[Saved entries]

-- ===== src/Client.antt =====
-- powerhose/client.py: `Client`. Times are in milliseconds; the lock makes the sends and polls of one
-- call one step, so a method is a function on the state. Seconds are whole numbers.
pub mod Overflow
pub mod Recovery
pub mod Answered
use powerhoc.Common.{
  ℕ, zero, suc, ◌+◌, ◌-◌, ◌*◌, Bool, true, false, Option, none, some, Bytes, codes, ltb, ◌==◌, [],
  ◌≡◌, ◌↔◌, refl, arith, if◌then◌else◌,
}
use powerhoc.Dict.{Dict, Eq, get, set}
use powerhoc.Exc.{Errno, Result, ok, err, timeout_error, execution_error, zmq_error, value_error}
use powerhoc.Job.{Job, new, serialize}
use powerhoc.Reply.{extract_result}
use powerhoc.Retry.{Attempt, done, failed, Socket, send, recv, poll_loop}
use powerhoc.Text.Decimal.{ℤ, pos, negsuc, to_int}

abbrev pub same_int : ℤ → ℤ → Bool
same_int (pos a) (pos b) = a == b
same_int (negsuc a) (negsuc b) = a == b
same_int _ _ = false

pub same_int_iff : (a b : ℤ) → (same_int a b ≡ true) ↔ (a ≡ b)
same_int_iff (pos a) (pos b) = ground arith
same_int_iff (pos a) (negsuc b) = ground arith
same_int_iff (negsuc a) (pos b) = ground arith
same_int_iff (negsuc a) (negsuc b) = ground arith

instance abbrev pub int_eq : Eq ℤ
int_eq = record { same = same_int; same_iff = same_int_iff }

-- The fields that the methods read or change, beside the socket.
pub record Client : Type 0 where
  pub timeout : ℕ
  pub timeout_max_overflow : ℕ
  pub timeout_overflows : ℕ
  pub timeout_counters : Dict ℤ ℕ

-- `__init__`: the arguments are in seconds.
unfoldable pub connect : ℕ → ℕ → ℕ → Client
connect timeout timeout_max_overflow timeout_overflows = record {
  timeout = timeout * 1000;
  timeout_max_overflow = timeout_max_overflow * 1000;
  timeout_overflows = timeout_overflows;
  timeout_counters = [];
}

-- `Client()`, with its defaults, of which 7.5 is no whole number of seconds
abbrev pub default_client : Client
default_client = record {
  timeout = 5000;
  timeout_max_overflow = 7500;
  timeout_overflows = 1;
  timeout_counters = [];
}

-- `defaultdict(int)`: a key that is not there reads as 0.
unfoldable pub counter : Client → ℤ → ℕ
unfolding get
counter c pid = elim (get pid c.timeout_counters) [ none ↦ 0 | some n ↦ n ]

unfoldable pub set_counter : ℤ → ℕ → Client → Client
unfolding set
set_counter pid n c = record c { timeout_counters = set pid n c.timeout_counters }

-- `if not res: raise ExecutionError(data)`, else `return data`
abbrev pub checked : Bool → Bytes → Result Bytes
checked true text = ok text
checked false text = err (execution_error text)

-- What `execute` does with an answer and the time that it took.
unfoldable pub settle : Client → ℕ → ℤ → Bool → Bytes → Result Bytes × Client
unfolding counter set_counter
settle c duration pid res text =
    if ltb c.timeout duration
    then (let c' = set_counter pid (counter c pid + 1) c in
        if ltb c.timeout_overflows (counter c' pid)
        then (err timeout_error, c')
        else (checked res text, c'))
    else (checked res text, set_counter pid 0 c)

-- What `execute` takes: a `Job`, or a string that becomes one.
pub data JobArg : Type 0 where
  text : Bytes → JobArg
  job : Job → JobArg

unfoldable pub as_job : JobArg → Job
unfolding new
as_job (text t) = new t none
as_job (job j) = j

-- `if timeout is None: timeout = self.timeout_max_overflow`
unfoldable pub or_max : Client → Option ℕ → ℕ
or_max c none = c.timeout_max_overflow
or_max c (some t) = t

-- A call's result is `none` if signals interrupt more polls than the fuel allows.
abbrev pub Call : Type 0 → Type 0 → Type 0
Call S A = S → Option (Result A) × S

module _ {S : Type 0} (socket : Socket S) (max_retries fuel : ℕ) where
  -- `extract_result(recv(self.master))`
  unfoldable pub receive : Call S (ℤ × Bool × Bytes)
  unfolding recv extract_result
  receive s =
      let (r, s') = recv socket max_retries s in
      elim r [ ok wire ↦ (some (extract_result wire), s') | err e ↦ (some (err e), s') ]

  unfoldable pub after_poll : Option (Attempt Bool) → Call S (ℤ × Bool × Bytes)
  unfolding receive
  after_poll none s = (none, s)
  after_poll (some (failed e)) s = (some (err (zmq_error e)), s)
  after_poll (some (done false)) s = (some (err timeout_error), s)
  after_poll (some (done true)) s = receive s

  -- `_execute`
  unfoldable pub execute_once : Client → JobArg → Option ℕ → Call S (ℤ × Bool × Bytes)
  unfolding send poll_loop after_poll as_job or_max serialize
  execute_once c arg timeout s =
      let (sent, s') = send socket max_retries (serialize (as_job arg)) false s in
      elim sent [
        | err e ↦ (some (err e), s')
        | ok u ↦
            let (polled, s'') = poll_loop socket fuel (or_max c timeout) s' in after_poll polled s''
      ]

  -- `execute`; `timed` reads the clock before and after, and an exception passes through it.
  unfoldable pub execute : Client → JobArg → Option ℕ → S → Option (Result Bytes) × Client × S
  unfolding execute_once settle or_max
  execute c arg timeout s =
      let (answer, s') = execute_once c arg (some (or_max c timeout)) s in
      elim answer [
        | none ↦ (none, c, s')
        | some (err e) ↦ (some (err e), c, s')
        | some (ok (pid, res, data_)) ↦
            let (r, c') = settle c (socket.now s' - socket.now s) pid res data_ in (some r, c', s')
      ]

  -- `int(res)` in `ping`: only a `TypeError` is caught, and a text that is no number is a `ValueError`.
  unfoldable pub ping_answer : Result Bytes → Result (Option ℤ)
  unfolding to_int
  ping_answer (err e) = err e
  ping_answer (ok wire) = elim (to_int wire) [ none ↦ err value_error | some pid ↦ ok (some pid) ]

  unfoldable pub ping_poll : Option (Attempt Bool) → Call S (Option ℤ)
  unfolding recv ping_answer
  ping_poll none s = (none, s)
  ping_poll (some (failed e)) s = (some (ok none), s)
  ping_poll (some (done false)) s = (some (ok none), s)
  ping_poll (some (done true)) s =
      let (r, s') = recv socket max_retries s in (some (ping_answer r), s')

  -- `ping`
  unfoldable pub ping : ℕ → Call S (Option ℤ)
  unfolding send poll_loop ping_poll
  ping timeout s =
      let (sent, s') = send socket max_retries (codes "PING") false s in
      elim sent [
        | err e ↦ (some (err e), s')
        | ok u ↦
            let (polled, s'') = poll_loop socket fuel (timeout * 1000) s' in ping_poll polled s''
      ]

Exercise brief:
Could you copy exactly the lines from the one containing "res, data_)) ↦" through the end of the records above, and nothing more?

Solution below:
        | some (ok (pid, res, data_)) ↦
            let (r, c') = settle c (socket.now s' - socket.now s) pid res data_ in (some r, c', s')
      ]

  -- `int(res)` in `ping`: only a `TypeError` is caught, and a text that is no number is a `ValueError`.
  unfoldable pub ping_answer : Result Bytes → Result (Option ℤ)
  unfolding to_int
  ping_answer (err e) = err e
  ping_answer (ok wire) = elim (to_int wire) [ none ↦ err value_error | some pid ↦ ok (some pid) ]

  unfoldable pub ping_poll : Option (Attempt Bool) → Call S (Option ℤ)
  unfolding recv ping_answer
  ping_poll none s = (none, s)
  ping_poll (some (failed e)) s = (some (ok none), s)
  ping_poll (some (done false)) s = (some (ok none), s)
  ping_poll (some (done true)) s =
      let (r, s') = recv socket max_retries s in (some (ping_answer r), s')

  -- `ping`
  unfoldable pub ping : ℕ → Call S (Option ℤ)
  unfolding send poll_loop ping_poll
  ping timeout s =
      let (sent, s') = send socket max_retries (codes "PING") false s in
      elim sent [
        | err e ↦ (some (err e), s')
        | ok u ↦
            let (polled, s'') = poll_loop socket fuel (timeout * 1000) s' in ping_poll polled s''
      ]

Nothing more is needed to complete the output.